这几日他一直在麻痹自己,甚至甘愿出卖色相。
他不是不追究,而是一直在等待机会,该算得帐,一笔也不会落下。
值房内安静的可怕,宋菁不动声色地擦了擦额角的汗。
“怎么?累了?”
谢司宴忽然开口,吓得宋菁心里咯噔一下。
“回公爷,不曾。就是今日火盆似是烧得旺了,小的总觉得比往日热一些。”
谢司宴瞧了一眼并无半点火花的炭盆,幽幽说了一句:“是吗?”
许是察觉自己的借口实在太站不住脚,宋菁讪讪笑了两声。
“爷,跟您实话说了吧,小的确实心里有事。
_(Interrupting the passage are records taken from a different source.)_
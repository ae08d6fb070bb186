-- ===== src/Hpo/Espacio.antt =====
-- espacio.py: the space of search, and how a configuration is put together. What the program takes
-- from Python and NumPy is a `Plataforma`: values with their `==`, floats and a generator of random
-- numbers. `paso` is not negative. A restriction is a function of the caller with its label.
use pred_engine.Prelude.{
  ℕ, zero, suc, ◌+◌, ◌*◌, ◌/◌, String, Bool, true, false, Option, none, some, List, [], ◌∷◌, map,
  ltb, ◌==◌, string_eq, if◌then◌else◌, length, get_elem?,
}
use pred_engine.Prelude.Int.{ℤ, pos, gtb_ℤ, diferencia, mas}
use pred_engine.Prelude.Sorted.{any, filter}
use pred_engine.Prelude.Result.{Result, ok, err, ◌>>=◌, ◌>>◌, raise_if}

pub data EspacioError : Type 0 where
  bajo_mayor paso_invalido log_no_positivo opciones_vacias pocos_niveles : EspacioError
  duplicados parametro_inexistente padre_inexistente de_si_mismo padre_despues : EspacioError
  sin_configuracion : ℕ → EspacioError
  -- IndexError
  indice_fuera : EspacioError
  -- what NumPy, Optuna or a restriction raises
  externo : String → EspacioError

pub record Plataforma : Type 1 where
  pub V : Type 0
  pub F : Type 0
  pub Rng : Type 0
  pub ninguno : V
  pub igual : V → V → Bool
  pub de_int : ℤ → V
  pub de_float : F → V
  pub gt : F → F → Bool
  pub no_positivo : F → Bool
  pub log : F → F
  pub exp : F → F
  -- `rng.integers(0, n)` and `rng.uniform(a, b)`
  pub integers : ℕ → Rng → Result EspacioError (ℕ × Rng)
  pub uniform : F → F → Rng → Result EspacioError (F × Rng)

module _ (x : Plataforma) where
  open x use {V, F, Rng}

  pub data Parametro : Type 0 where
    entero : (nombre : String) → (bajo alto : ℤ) → (paso : ℕ) → Parametro
    flotante : (nombre : String) → (bajo alto : F) → (log : Bool) → Parametro
    categorico : (nombre : String) → (opciones : List V) → Parametro
    ordinal : (nombre : String) → (niveles : List V) → Parametro

  abbrev pub nombre : Parametro → String
  nombre (entero n b a p) = n
  nombre (flotante n b a l) = n
  nombre (categorico n os) = n
  nombre (ordinal n ns) = n

  -- `__post_init__` of each of the four.
  unfoldable pub post_init : Parametro → Result EspacioError Parametro
  post_init (entero n b a p) = do
    raise_if (gtb_ℤ b a) bajo_mayor
    raise_if (ltb p 1) paso_invalido
    ok (entero n b a p)
  post_init (flotante n b a l) = do
    raise_if (x.gt b a) bajo_mayor
    raise_if (if l then x.no_positivo b else false) log_no_positivo
    ok (flotante n b a l)
  post_init (categorico n os) = do
    raise_if (ltb (length os) 1) opciones_vacias
    ok (categorico n os)
  post_init (ordinal n ns) = do raise_if (ltb (length ns) 2) pocos_niveles; ok (ordinal n ns)

  abbrev pub elemento : Option V → Result EspacioError V
  elemento none = err indice_fuera
  elemento (some v) = ok v

  unfoldable pub muestrear_flotante : F → F → Bool → Rng → Result EspacioError (V × Rng)
  muestrear_flotante b a true g =
      x.uniform (x.log b) (x.log a) g >>= λ r. ok (x.de_float (x.exp r.0), r.1)
  muestrear_flotante b a false g = x.uniform b a g >>= λ r. ok (x.de_float r.0, r.1)

  unfoldable pub muestrear_parametro : Parametro → Rng → Result EspacioError (V × Rng)
  unfolding muestrear_flotante
  muestrear_parametro (entero n b a p) g =
      x.integers (diferencia a b / p + 1) g >>= λ r. ok (x.de_int (mas b (r.0 * p)), r.1)
  muestrear_parametro (flotante n b a l) g = muestrear_flotante b a l g
  muestrear_parametro (categorico n os) g =
      x.integers (length os) g >>= λ r. elemento (get_elem? os r.0) >>= λ v. ok (v, r.1)
  muestrear_parametro (ordinal n ns) g =
      x.integers (length ns) g >>= λ r. ok (x.de_int (pos r.0), r.1)

  pub record Condicion : Type 0 where
    pub parametro : String
    pub padre : String
    pub valores : List V

  -- A dictionary from names to values, in the order of insertion.
  abbrev pub Configuracion : Type 0
  Configuracion = List (String × V)

  -- `configuracion.get(nombre)`
  abbrev pub get : Configuracion → String → V
  get [] n = x.ninguno
  get (e ∷ c) n = let resto = get c n in if e.0 == n then e.1 else resto

  -- `configuracion[nombre] = v`
  abbrev pub poner : Configuracion → String → V → Configuracion
  poner [] n v = (n, v) ∷ []
  poner (e ∷ c) n v = let resto = poner c n v in if e.0 == n then (n, v) ∷ c else e ∷ resto

  pub record Restriccion : Type 0 where
    pub etiqueta : String
    pub cumple : Configuracion → Result EspacioError Bool

  pub record EspacioBusqueda : Type 0 where
    pub parametros : List Parametro
    pub condiciones : List Condicion
    pub restricciones : List Restriccion

  abbrev pub contiene : String → List String → Bool
  contiene n ms = any (λ m. m == n) ms

  abbrev pub hay_duplicados : List String → Bool
  hay_duplicados [] = false
  hay_duplicados (n ∷ ns) = let resto = hay_duplicados ns in if contiene n ns then true else resto

  abbrev pub siguiente_indice : Option ℕ → Option ℕ
  siguiente_indice none = none
  siguiente_indice (some i) = some (suc i)

  -- `indice_de.get(nombre)`, for names that are not repeated.
  abbrev pub indice_de : List String → String → Option ℕ
  indice_de [] n = none
  indice_de (m ∷ ms) n =
      let resto = siguiente_indice (indice_de ms n) in if m == n then some 0 else resto

  abbrev pub declarado : Option ℕ → EspacioError → Result EspacioError ℕ
  declarado none e = err e
  declarado (some i) e = ok i

  unfoldable pub comprobar_condicion : List String → Condicion → Result EspacioError (Unit {0})
  comprobar_condicion nombres c = do
    i ← declarado (indice_de nombres c.parametro) parametro_inexistente
    j ← declarado (indice_de nombres c.padre) padre_inexistente
    raise_if (c.padre == c.parametro) de_si_mismo
    raise_if (ltb i j) padre_despues

  abbrev pub comprobar_condiciones : List String → List Condicion → Result EspacioError (Unit {0})
  comprobar_condiciones nombres [] = ok tt
  comprobar_condiciones nombres (c ∷ cs) =
      comprobar_condicion nombres c >> comprobar_condiciones nombres cs

  -- `EspacioBusqueda.__post_init__`
  unfoldable pub espacio_busqueda : EspacioBusqueda → Result EspacioError EspacioBusqueda
  unfolding comprobar_condicion
  espacio_busqueda e = do
    let nombres = map nombre e.parametros
    raise_if (hay_duplicados nombres) duplicados
    comprobar_condiciones nombres e.condiciones
    ok e

  abbrev pub si_no : Option Condicion → Option Condicion → Option Condicion
  si_no none d = d
  si_no (some c) d = some c

  -- `condiciones.get(nombre)`: the last condition of a parameter counts.
  abbrev pub condicion_de : List Condicion → String → Option Condicion
  condicion_de [] n = none
  condicion_de (c ∷ cs) n = si_no (condicion_de cs n) (if c.parametro == n then some c else none)

  abbrev pub activo_por : Option Condicion → Configuracion → Bool
  activo_por none cfg = true
  activo_por (some c) cfg = any (λ v. x.igual (get cfg c.padre) v) c.valores

  unfoldable pub activo : List Condicion → Configuracion → Parametro → Bool
  activo cs cfg p = activo_por (condicion_de cs (nombre p)) cfg

  unfoldable pub nombres_activos : EspacioBusqueda → Configuracion → List String
  unfolding activo filter
  nombres_activos e cfg = map nombre (filter (activo e.condiciones cfg) e.parametros)

  -- The loop over the parameters, for one way to come by values.
  unfoldable pub recorrer :
      {S : Type 0}
      → (Parametro → S → Result EspacioError (V × S))
      → List Condicion
      → List Parametro
      → Configuracion
      → S
      → Result EspacioError (Configuracion × S)
  unfolding activo
  recorrer valor_de cs [] cfg s = ok (cfg, s)
  recorrer valor_de cs (p ∷ ps) cfg s = elim (activo cs cfg p) [
    | true ↦ valor_de p s >>= λ r. recorrer valor_de cs ps (poner cfg (nombre p) r.0) r.1
    | false ↦ recorrer valor_de cs ps cfg s
  ]

  abbrev pub primera_violada :
      List Restriccion → Configuracion → Result EspacioError (Option String)
  primera_violada [] cfg = ok none
  primera_violada (r ∷ rs) cfg =
      r.cumple cfg >>= λ b. elim b [ true ↦ primera_violada rs cfg | false ↦ ok (some r.etiqueta) ]

  unfoldable pub restriccion_violada :
      EspacioBusqueda → Configuracion → Result EspacioError (Option String)
  restriccion_violada e cfg = primera_violada e.restricciones cfg

  unfoldable pub es_valida : EspacioBusqueda → Configuracion → Result EspacioError Bool
  unfolding restriccion_violada
  es_valida e cfg = restriccion_violada e cfg >>= λ o. ok (elim o [ none ↦ true | some t ↦ false ])

  abbrev pub intentar : EspacioBusqueda → ℕ → ℕ → Rng → Result EspacioError (Configuracion × Rng)
  intentar e intentos zero g = err (sin_configuracion intentos)
  intentar e intentos (suc n) g =
      recorrer muestrear_parametro e.condiciones e.parametros [] g >>= λ r.
      es_valida e r.0 >>= λ b. elim b [ true ↦ ok r | false ↦ intentar e intentos n r.1 ]

  unfoldable pub muestrear : EspacioBusqueda → ℕ → Rng → Result EspacioError (Configuracion × Rng)
  unfolding recorrer muestrear_parametro es_valida
  muestrear e intentos_max g = intentar e intentos_max intentos_max g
”
谢司宴闻言眼里平淡无波,放下折子看向她。
“什么事,说罢。”
宋菁躬了躬身子,一脸不好意思地道:“小的在尚衣监有个处得不错的绣娘,今日是她生辰……”
她一脸羞愧,看得谢司宴缓缓勾起了唇角。
“就为这事?”
宋菁期期艾艾地点了点头,“是,就为了这事……”
谢司宴哼笑一声,复又捡起折子。
“去吧。”
宋菁不可置信地看向他,“爷您同意了?”
“没得说我苛待你。”
宋菁闻言忙跪倒磕头,千恩万谢地退下了。
可她前脚离去,后脚霖峰就闪身进了值房。
“大人,用跟着吗?”
谢司宴脸上笑意褪去,眼底染上一抹寒霜。
“一刻也别放过。”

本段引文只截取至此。